I keep remembering even good people do bad things. My wife is gorgeous, kind, considerate, loveing, etc... She is also judgemental, two-faced, deceptive, etc... The good qualities outweigh the bad for sure. I know she loves me but I also know that I am not the only man she has ever loved. That her good and bad qualities are not unique to this relationship. The last thing I want to do is drive more people to divorce. Look at me, 3 times and I am still in-love with her. I advocate communicate not seperate.

This is what my psych said to me bluntly. DON'T TRUST HER 100% ANYMORE. I put it in caps cause I kept trying to argue that trust is the foundation and has to be rebuilt and yadayadayada. And she(my psych, yes a women doc saying this about another woman) kept repeating it.
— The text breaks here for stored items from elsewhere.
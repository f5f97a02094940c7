-- ===== src/Feeds/Attack.antt =====
-- The connector of MITRE ATT&CK (src/prow/connectors/attack/connector.py).
pub mod Selected
pub mod Validated
pub mod Tests
pub mod Batches
use prow_cti.Feeds.Fetch.{
  ContextCall, Feed, Fetched, HttpAnswer, done, emit_dict_call, feed_format_error, or_raise,
  raising, runtime_error, set_state_call, ◌>>=◌,
}
use prow_cti.Feeds.Http.{modified, not_modified, parse_feed_json, read_feed, set_if}
use prow_cti.Json.{Fields, Items, Json, arr, bool, cons, get, is_text, nil, obj, put, str}
use prow_cti.Prelude.{
  Bool, List, Option, String, [], drop, false, if◌then◌else◌, length, none, not, some, suc, take,
  true, zero, ℕ, ◌&&◌, ◌==◌, ◌||◌, ◌∷◌,
}
use prow_cti.Stix.Helpers.{StixLib, fresh_id}
use prow_cti.Stix.Validate.{Schema, validate_stix_object}
pub mod Delivered

-- `_EMIT_BATCH_SIZE`
abbrev pub emit_batch_size : ℕ
emit_batch_size = 500

-- `out.setdefault(key, value)`
abbrev pub set_default : String → Json → Fields → Fields
set_default key value o = elim (get o key) [ some _ ↦ o | none ↦ put key value o ]

-- `_normalize_attack_object`
unfoldable pub normalize_attack_object : Fields → Fields
normalize_attack_object o =
    let out = set_default "spec_version" (str "2.1") o in
    if is_text "malware" (get out "type") then set_default "is_family" (bool false) out else out

abbrev pub is_true : Option Json → Bool
is_true (some (bool b)) = b
is_true _ = false

-- `_is_deprecated`
abbrev pub is_deprecated : Fields → Bool
is_deprecated o = is_true (get o "x_mitre_deprecated") || is_true (get o "revoked")

-- An object that is emitted, none where it is left out: it is deprecated, or it does not pass the
-- validation.
abbrev pub kept_object : Schema → Bool → Fields → Option Fields
kept_object schema include_deprecated item =
    if not include_deprecated && is_deprecated item
    then none
    else elim (validate_stix_object schema true (normalize_attack_object item)) [
      | [] ↦ some (normalize_attack_object item)
      | problem ∷ problems ↦ none
    ]

abbrev pub with_kept : Option Fields → List Fields → List Fields
with_kept none os = os
with_kept (some o) os = o ∷ os

-- The loop of `_extract_validated_objects`.
unfoldable pub validated_objects : Schema → Bool → Items → Fetched (List Fields)
validated_objects schema include_deprecated nil = done []
validated_objects schema include_deprecated (cons (obj item) others) =
    validated_objects schema include_deprecated others >>= λ os.
    done (with_kept (kept_object schema include_deprecated item) os)
validated_objects schema include_deprecated (cons _ others) = raising feed_format_error

-- The slices of `range(0, len(objects), size)`, on the number of objects as fuel.
unfoldable pub batches_of : ℕ → ℕ → List Fields → List (List Fields)
batches_of fuel size [] = []
batches_of zero size (o ∷ os) = []
batches_of (suc fuel) size (o ∷ os) = take size (o ∷ os) ∷ batches_of fuel size (drop size (o ∷ os))

-- The calls of the loop over the batches, and those behind it; a cancelled loop makes no more.
unfoldable pub batch_calls :
    StixLib → (ℕ → Bool) → ℕ → List (List Fields) → List ContextCall → List ContextCall
batch_calls lib is_cancelled i [] final = final
batch_calls lib is_cancelled i (b ∷ bs) final =
    let rest = batch_calls lib is_cancelled (suc i) bs final in
    if is_cancelled i then [] else emit_dict_call (fresh_id lib "bundle" i) b ∷ rest

module _ {Body : Type 0} (lib : StixLib) (source : Feed Body) (schema : Schema) where
  -- `_extract_validated_objects`
  unfoldable pub extract_validated_objects : Bool → Body → Fetched (List Fields)
  extract_validated_objects include_deprecated body = parse_feed_json source body >>= λ feed.
      elim (get feed "objects") [
        | some (arr listed) ↦ validated_objects schema include_deprecated listed
        | _ ↦ raising feed_format_error
      ]

  -- The calls of `fetch` for a feed that was modified; `is_cancelled` is asked at each batch.
  unfoldable pub fetch_objects :
      Bool → Json → Body → Option String → Option String → Fetched (List ContextCall)
  fetch_objects include_deprecated now body etag last_modified =
      extract_validated_objects include_deprecated body >>= λ objects. done (
        batch_calls lib source.is_cancelled 0 (batches_of (length objects) emit_batch_size objects)
          (set_if "etag" etag (
            set_if "last_modified" last_modified
              (set_state_call "last_successful_fetch" now ∷ []))))

  -- `fetch`: the client that `setup` made, of the configuration `stix_url` and `include_deprecated`, and the
  -- state that was kept under `etag` and `last_modified`.
  unfoldable pub fetch :
      Option (String → List (String × String) → HttpAnswer Body)
      → String
      → Bool
      → Option Json
      → Option Json
      → Json
      → Fetched (List ContextCall)
  fetch client stix_url include_deprecated etag last_modified now = do
    client_get ← or_raise runtime_error client
    result ←
        if stix_url == ""
        then raising feed_format_error
        else read_feed source client_get stix_url etag last_modified
    elim result [
      | not_modified ↦ done []
      | modified body new_etag new_last_modified ↦
          fetch_objects include_deprecated now body new_etag new_last_modified
    ]
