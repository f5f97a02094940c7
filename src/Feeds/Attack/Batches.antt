-- ===== src/Feeds/Attack/Batches.antt =====
-- The batches of the ATT&CK connector (src/prow/connectors/attack/connector.py).
use prow_cti.Feeds.Attack.{batch_calls, batches_of, emit_batch_size}
use prow_cti.Feeds.Fetch.{ContextCall, emit_dict_call, make_calls}
use prow_cti.Feeds.Http.{set_if}
use prow_cti.Json.{Fields}
use prow_cti.Prelude.{
  All, Bool, Bool-cases, List, Option, String, [], ap, arith, drop, false, if◌then◌else◌, inl, inr,
  length, length-drop-le, none, refl, some, suc, take, take-drop, true, zero, ℕ, ◌++◌, ◌∙◌, ◌∷◌,
  ◌≡◌, ◌≤◌,
}
use prow_cti.Stix.Helpers.{StixLib}

abbrev pub joined : List (List Fields) → List Fields
joined [] = []
joined (b ∷ bs) = b ++ joined bs

pub batches_of-joined :
    (fuel n : ℕ) (os : List Fields) → length os ≤ fuel → joined (batches_of fuel (suc n) os) ≡ os
unfolding batches_of
batches_of-joined fuel n [] h = refl
batches_of-joined zero n (o ∷ os) h = absurd (omega arith)
batches_of-joined (suc fuel) n (o ∷ os) h =
    let shorter : length (drop n os) ≤ fuel = omega (arith, length-drop-le n os) in
    ap (λ rest. (o ∷ take n os) ++ rest) (batches_of-joined fuel n (drop n os) shorter)
    ∙ ap (λ rest. o ∷ rest) (take-drop n os)

-- A bundle of no more objects than a batch has.
abbrev pub IsSmall : ContextCall → Type 0
IsSmall (emit_dict_call id os) = length os ≤ emit_batch_size
IsSmall _ = Unit

take_short {ℓ} : {A : Type ℓ} (n : ℕ) (xs : List A) → length (take n xs) ≤ n
take_short zero xs = omega arith
take_short (suc n) [] = omega arith
take_short (suc n) (x ∷ xs) = omega (arith, take_short n xs)

pub batches_of-small :
    (fuel n : ℕ) (os : List Fields) → All (λ b. length b ≤ suc n) (batches_of fuel (suc n) os)
unfolding batches_of
batches_of-small fuel n [] = tt
batches_of-small zero n (o ∷ os) = tt
batches_of-small (suc fuel) n (o ∷ os) =
    (take_short (suc n) (o ∷ os), batches_of-small fuel n (drop n os))

pub set_if-IsSmall :
    (key : String) (value : Option String) (cs : List ContextCall)
    → All IsSmall cs
    → All IsSmall (set_if key value cs)
set_if-IsSmall key none cs h = h
set_if-IsSmall key (some value) cs h = (tt, h)

All-if : (b : Bool) (cs : List ContextCall) → All IsSmall cs → All IsSmall (if b then [] else cs)
All-if true cs h = tt
All-if false cs h = h

pub batch_calls-IsSmall :
    (lib : StixLib) (c : ℕ → Bool) (final : List ContextCall) (bs : List (List Fields)) (i : ℕ)
    → All (λ b. length b ≤ emit_batch_size) bs
    → All IsSmall final
    → All IsSmall (batch_calls lib c i bs final)
unfolding batch_calls
batch_calls-IsSmall lib c final [] i h f = f
batch_calls-IsSmall lib c final (b ∷ bs) i (small, h) f =
    All-if (c i) _ (small, batch_calls-IsSmall lib c final bs (suc i) h f)

-- What is made of a list of calls has what all of them have.
pub make_calls-All :
    (P : ContextCall → Type 0) (accepts : ContextCall → Bool) (cs : List ContextCall)
    → All P cs
    → All P (make_calls accepts cs).0
unfolding make_calls
make_calls-All P accepts [] h = tt
make_calls-All P accepts (c ∷ cs) (p, h) = elim (Bool-cases (accepts c)) [
  | inl e ↦ rw e (p, make_calls-All P accepts cs h)
  | inr e ↦ rw e (p, tt)
]
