-- ===== src/Feeds/Attack/Validated.antt =====
-- The validation of the ATT&CK connector (src/prow/connectors/attack/connector.py).
use prow_cti.Feeds.Attack.{kept_object}
use prow_cti.Json.{Fields}
use prow_cti.Prelude.{Bool, [], arith, some, true, ◌≡◌}
use prow_cti.Stix.Validate.{Schema, validate_stix_object}

-- An object that the validation accepts with custom types allowed.
abbrev pub IsValid : Schema → Fields → Type 0
IsValid schema o = validate_stix_object schema true o ≡ []

pub kept_object-IsValid :
    (schema : Schema) (include : Bool) (item o : Fields)
    → kept_object schema include item ≡ some o
    → IsValid schema o
kept_object-IsValid schema include item o h = ground (arith)
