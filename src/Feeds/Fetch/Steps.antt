-- ===== src/Feeds/Fetch/Steps.antt =====
-- The steps of a fetch, one by one (src/prow/connectors).
use prow_cti.Feeds.Fetch.{
  ContextCall, FetchFailure, Fetched, build_objects, done, extend, feed_format_error, keeps_state,
  or_raise, perform_fetch, raising, ◌>>=◌,
}
use prow_cti.Json.{Fields}
use prow_cti.Prelude.{
  Bool, List, Option, [], ap, false, if◌then◌else◌, none, refl, some, suc, true, ℕ, ◌++◌, ◌∙◌, ◌∷◌,
  ◌≡◌,
}
use prow_cti.Stix.Objects.{StixObject}
use mathlib.Core.Option.{some-injective}

abbrev done_or {ℓ} : {A : Type ℓ} → A → Fetched A → A
done_or a (done b) = b
done_or a (raising e) = a

abbrev is_done {ℓ} : {A : Type ℓ} → Fetched A → Bool
is_done (done a) = true
is_done (raising e) = false

pub done_injective {ℓ} : {A : Type ℓ} {a b : A} → done a ≡ done b → a ≡ b
done_injective {a = a} e = ap (done_or a) e

pub raising-done {ℓ κ} :
    {A : Type ℓ} {C : Type κ} {e : FetchFailure} {a : A} → raising e ≡ done a → C
raising-done {A = A} e = absurd (cc e)

-- What is done in two steps has its first one done.
pub bind-done {ℓ κ} :
    {A : Type ℓ} {B : Type κ} (m : Fetched A) (f : A → Fetched B) (b : B)
    → m >>= f ≡ done b
    → (a : A) × (m ≡ done a) × (f a ≡ done b)
bind-done (done a) f b e = (a, refl, e)
bind-done (raising x) f b e = raising-done e

-- What raises in its second step raises.
pub bind-raising {ℓ κ} :
    {A : Type ℓ} {B : Type κ} (m : Fetched A) (f : A → Fetched B)
    → ((a : A) → (x : FetchFailure) × (f a ≡ raising x))
    → (x : FetchFailure) × (m >>= f ≡ raising x)
bind-raising (done a) f bad = bad a
bind-raising (raising x) f bad = (x, refl)

pub bind-raises {ℓ κ} :
    {A : Type ℓ} {B : Type κ} (m : Fetched A) (f : A → Fetched B)
    → ((x : FetchFailure) × (m ≡ raising x))
    → (x : FetchFailure) × (m >>= f ≡ raising x)
bind-raises m f (x, e) = (x, ap (λ n. n >>= f) e)

-- An entry that raises makes the loop raise, wherever it stands.
pub build_objects-raising :
    (make : ℕ → Fields → Fetched (List StixObject)) (is_cancelled : ℕ → Bool) (e : Fields)
    → ((i : ℕ) → is_cancelled i ≡ false)
    → ((i : ℕ) → (x : FetchFailure) × (make i e ≡ raising x))
    → (pre post : List Fields) (i : ℕ)
    → (x : FetchFailure) × (build_objects make is_cancelled i (pre ++ e ∷ post) ≡ raising x)
unfolding build_objects
build_objects-raising make c e free bad [] post i = rw (free i) (bind-raises (make i e) _ (bad i))
build_objects-raising make c e free bad (d ∷ pre) post i = rw (free i) (
    bind-raising (make i d) _
      (λ os. bind-raises _ _ (build_objects-raising make c e free bad pre post (suc i))))

extend-some :
    (first os : List StixObject) (more : Option (List StixObject))
    → extend first more ≡ some os
    → (rest : List StixObject) × (more ≡ some rest) × (first ++ rest ≡ os)
extend-some first os none h = absurd (cc h)
extend-some first os (some rest) h = (rest, refl, some-injective _ _ h)

-- A loop that comes to its end has made the objects of its first entry and of the others.
pub build_objects-cons :
    (make : ℕ → Fields → Fetched (List StixObject)) (is_cancelled : ℕ → Bool) (e : Fields)
    (es : List Fields) (i : ℕ) (os : List StixObject)
    → build_objects make is_cancelled i (e ∷ es) ≡ done (some os)
    → (first more : List StixObject) × (make i e ≡ done first)
      × (build_objects make is_cancelled (suc i) es ≡ done (some more))
      × (first ++ more ≡ os)
unfolding build_objects
build_objects-cons make c e es i os h = by_flag (c i) h
  where
    by_flag :
        (b : Bool)
        → (if b
            then done none
            else (make i e >>= λ os'.
                build_objects make c (suc i) es >>= λ more. done (extend os' more)))
          ≡ done (some os)
        → (first more : List StixObject) × (make i e ≡ done first)
          × (build_objects make c (suc i) es ≡ done (some more))
          × (first ++ more ≡ os)
    by_flag true h = absurd (cc (done_injective h))
    by_flag false h =
        let (first, q, h') = bind-done (make i e) _ (some os) h in
        let (rest, q', h'') = bind-done (build_objects make c (suc i) es) _ (some os) h' in
        let (more, e', joined) = extend-some first os rest (done_injective h'') in
        (first, more, q, q' ∙ ap done e', joined)

-- What is done in its first step, and then in its second, is done.
pub bind-total {ℓ κ} :
    {A : Type ℓ} {B : Type κ} (m : Fetched A) (f : A → Fetched B) (a : A)
    → m ≡ done a
    → (b : B) × (f a ≡ done b)
    → (b : B) × (m >>= f ≡ done b)
bind-total m f a q (b, r) = (b, ap (λ n. n >>= f) q ∙ r)

pub or_raise-done {ℓ} :
    {A : Type ℓ} (x : FetchFailure) (o : Option A) (a : A) → or_raise x o ≡ done a → o ≡ some a
or_raise-done x none a h = raising-done h
or_raise-done x (some b) a h = ap some (done_injective h)

-- A fetch that keeps state has planned its calls.
pub kept-done :
    (accepts : ContextCall → Bool) (m : Fetched (List ContextCall))
    → keeps_state (perform_fetch accepts m).0 ≡ true
    → (planned : List ContextCall) × (m ≡ done planned)
unfolding perform_fetch
kept-done accepts (done planned) h = (planned, refl)
kept-done accepts (raising x) h = absurd (cc h)

pub otherwise-done {ℓ} :
    {A : Type ℓ} (b : Bool) (m : Fetched A) (a : A)
    → (if b then raising feed_format_error else m) ≡ done a
    → m ≡ done a
otherwise-done true m a h = raising-done h
otherwise-done false m a h = h
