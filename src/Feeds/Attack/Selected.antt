-- ===== src/Feeds/Attack/Selected.antt =====
-- What of its feed the ATT&CK connector keeps (src/prow/connectors/attack/connector.py).
use prow_cti.Feeds.Attack.{
  is_deprecated, is_true, kept_object, normalize_attack_object, set_default, validated_objects,
  with_kept,
}
use prow_cti.Feeds.Attack.Validated.{IsValid, kept_object-IsValid}
use prow_cti.Feeds.Fetch.{done}
use prow_cti.Feeds.Fetch.Steps.{bind-done, done_injective, raising-done}
use prow_cti.Json.{
  Fields, Items, Json, arr, bool, cons, float, get, get-put, int, is_text, nil, null, obj, str,
}
use prow_cti.Prelude.{
  Bool, Bool-cases, List, Option, String, [], ap, arith, eq_iff, false, if◌then◌else◌, inl, inr,
  none, not, refl, some, true, ◌&&◌, ◌==◌, ◌∷◌, ◌≡◌, ◌⊎◌,
}
use prow_cti.Stix.Validate.{Schema}
use mathlib.Core.Path.{subst}

-- What the object that is made of an item has under a key: what the item has, or else a default.
abbrev pub with_default : Fields → String → Option Json
with_default item k = elim (get item k) [
  | some v ↦ some v
  | none ↦
      if k == "spec_version"
      then some (str "2.1")
      else (if k == "is_family" && is_text "malware" (get item "type")
          then some (bool false)
          else none)
]

abbrev pub IsNormal : Fields → Fields → Type 0
IsNormal item o = (k : String) → get o k ≡ with_default item k

abbrev pub IsDeprecated : Fields → Type 0
IsDeprecated item =
    (get item "x_mitre_deprecated" ≡ some (bool true)) ⊎ (get item "revoked" ≡ some (bool true))

-- The item is deprecated and such are not asked for, or it is not valid with its defaults.
abbrev pub IsLeftOut : Schema → Bool → Fields → Type 0
IsLeftOut schema include_deprecated item =
    ((include_deprecated ≡ false) × IsDeprecated item)
    ⊎ ((o : Fields) × IsNormal item o × (¬ IsValid schema o))

-- The object is the item with its defaults, it is valid, and the item is not deprecated where such are
-- not asked for.
abbrev pub IsKept : Schema → Bool → Fields → Fields → Type 0
IsKept schema include_deprecated item o =
    IsNormal item o × IsValid schema o × ((include_deprecated ≡ true) ⊎ (¬ IsDeprecated item))

-- The objects that are made of the items of a feed, in their order.
pub data Selection (schema : Schema) (include_deprecated : Bool)
    : Items → List Fields → Type 0 where
  all_read : Selection schema include_deprecated nil []
  left_out :
      {item : Fields} {others : Items} {os : List Fields}
      → IsLeftOut schema include_deprecated item
      → Selection schema include_deprecated others os
      → Selection schema include_deprecated (cons (obj item) others) os
  kept :
      {item o : Fields} {others : Items} {os : List Fields}
      → IsKept schema include_deprecated item o
      → Selection schema include_deprecated others os
      → Selection schema include_deprecated (cons (obj item) others) (o ∷ os)

get-set_default :
    (key k : String) (v : Json) (o : Fields)
    → get (set_default key v o) k
      ≡ elim (get o k) [ some w ↦ some w | none ↦ if k == key then some v else none ]
get-set_default key k v o = ground (arith, get-put key k v o, eq_iff k key, eq_iff key k)

normalize-IsNormal : (item : Fields) → IsNormal item (normalize_attack_object item)
unfolding normalize_attack_object
normalize-IsNormal item k = ground (
  arith,
  get-set_default "spec_version" k (str "2.1") item,
  get-set_default "spec_version" "type" (str "2.1") item,
  get-set_default "is_family" k (bool false) (set_default "spec_version" (str "2.1") item),
  eq_iff k "spec_version",
  eq_iff k "is_family",
)

is_true-true : (v : Option Json) → is_true v ≡ true → v ≡ some (bool true)
is_true-true none h = cc
is_true-true (some null) h = cc
is_true-true (some (bool b)) h = rw h refl
is_true-true (some (int n)) h = cc
is_true-true (some (float f)) h = cc
is_true-true (some (str t)) h = cc
is_true-true (some (arr is)) h = cc
is_true-true (some (obj o)) h = cc

is_deprecated-IsDeprecated : (item : Fields) → is_deprecated item ≡ true → IsDeprecated item
is_deprecated-IsDeprecated item h = elim (Bool-cases (is_true (get item "x_mitre_deprecated"))) [
  | inl e ↦ inl (is_true-true _ e)
  | inr e ↦ inr (is_true-true _ (ground (arith, e)))
]

IsDeprecated-is_deprecated : (item : Fields) → IsDeprecated item → is_deprecated item ≡ true
IsDeprecated-is_deprecated item (inl e) = ground (arith, ap is_true e)
IsDeprecated-is_deprecated item (inr e) = ground (arith, ap is_true e)

module _ (schema : Schema) (include_deprecated : Bool) where
  kept_object-IsKept :
      (item o : Fields)
      → kept_object schema include_deprecated item ≡ some o
      → IsKept schema include_deprecated item o
  kept_object-IsKept item o h =
      let same : normalize_attack_object item ≡ o = ground arith in
      (
        subst (IsNormal item) same (normalize-IsNormal item),
        kept_object-IsValid schema include_deprecated item o h,
        elim (Bool-cases include_deprecated) [
          | inl e ↦ inl e
          | inr e ↦ inr (λ d. ground (arith, IsDeprecated-is_deprecated item d, e))
        ],
      )

  kept_object-IsLeftOut :
      (item : Fields)
      → kept_object schema include_deprecated item ≡ none
      → IsLeftOut schema include_deprecated item
  kept_object-IsLeftOut item h = elim (Bool-cases (not include_deprecated && is_deprecated item)) [
    | inl e ↦ inl (ground (arith, e), is_deprecated-IsDeprecated item (ground (arith, e)))
    | inr e ↦ inr (
      normalize_attack_object item,
      normalize-IsNormal item,
      λ (valid : IsValid schema (normalize_attack_object item)). ground (arith, e, valid),
    )
  ]

  with_kept-Selection :
      (item : Fields) (m : Option Fields) (others : Items) (os : List Fields)
      → kept_object schema include_deprecated item ≡ m
      → Selection schema include_deprecated others os
      → Selection schema include_deprecated (cons (obj item) others) (with_kept m os)
  with_kept-Selection item none others os q s = left_out (kept_object-IsLeftOut item q) s
  with_kept-Selection item (some o) others os q s = kept (kept_object-IsKept item o q) s

  pub validated_objects-Selection :
      (listed : Items) (os : List Fields)
      → validated_objects schema include_deprecated listed ≡ done os
      → Selection schema include_deprecated listed os
  unfolding validated_objects
  validated_objects-Selection nil os h =
      subst (Selection schema include_deprecated nil) (done_injective h) all_read
  validated_objects-Selection (cons (obj item) others) os h =
      let (rest, q, h') = bind-done (validated_objects schema include_deprecated others) _ os h in
      subst (Selection schema include_deprecated (cons (obj item) others)) (done_injective h')
        (with_kept-Selection item _ others rest refl (validated_objects-Selection others rest q))
  validated_objects-Selection (cons _ others) os h = raising-done h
She extrapolated later and said to rebuild the trust and don't be oppresive and other stuff. But do wonder where she is when she is late or what she is doing on the computer or cell when I am not around. Confront her when I feel the need to and don't accept answers that would stifle a conversation. She goes to the same psych now and several times during that period we turned our IC's into 2hr MC sessions. We found out that she had her own issues with sexuality and I was doomed from the beginning and our psych bluntly stated that she was surprised there hadn't been more incidents of infidelity. So this may not fit your problem. And I may be putting more thoughts in your head that may not apply so please take only what you want from this and don't let it damage you relationship further.

The fact that you made the descision not to talk about it so soon is great on your part. I couldn't let it go and for me that was a good thing as it brought out more of the stuff she was hiding and a bad thing as it kept me thinking "what else is she not telling me". But if it works for you I wish I had your commitment and inner peace.

The not wanting to go to MC isn't that uncommon for men. I was fortunate and already seeing a psych before this happened. She started seeing her a year before this happened. So like said above, we turned our IC sessions into 2hr long MC sessions for a while. The one bonus about MC is you have an educated, seen that, know some solutions referree onhand to stop things from blowing out.

Whatever your descision, you sound like you are still in-love with your man. Remeber that when things get tough and even knock-down, drag-out, call each other horrible names fights can be resoved. Divorce is not the answer and it sounds like it never was for you so good for you. 

My mom had this peice of advice "Never go to bed angry". It works ... most of the time.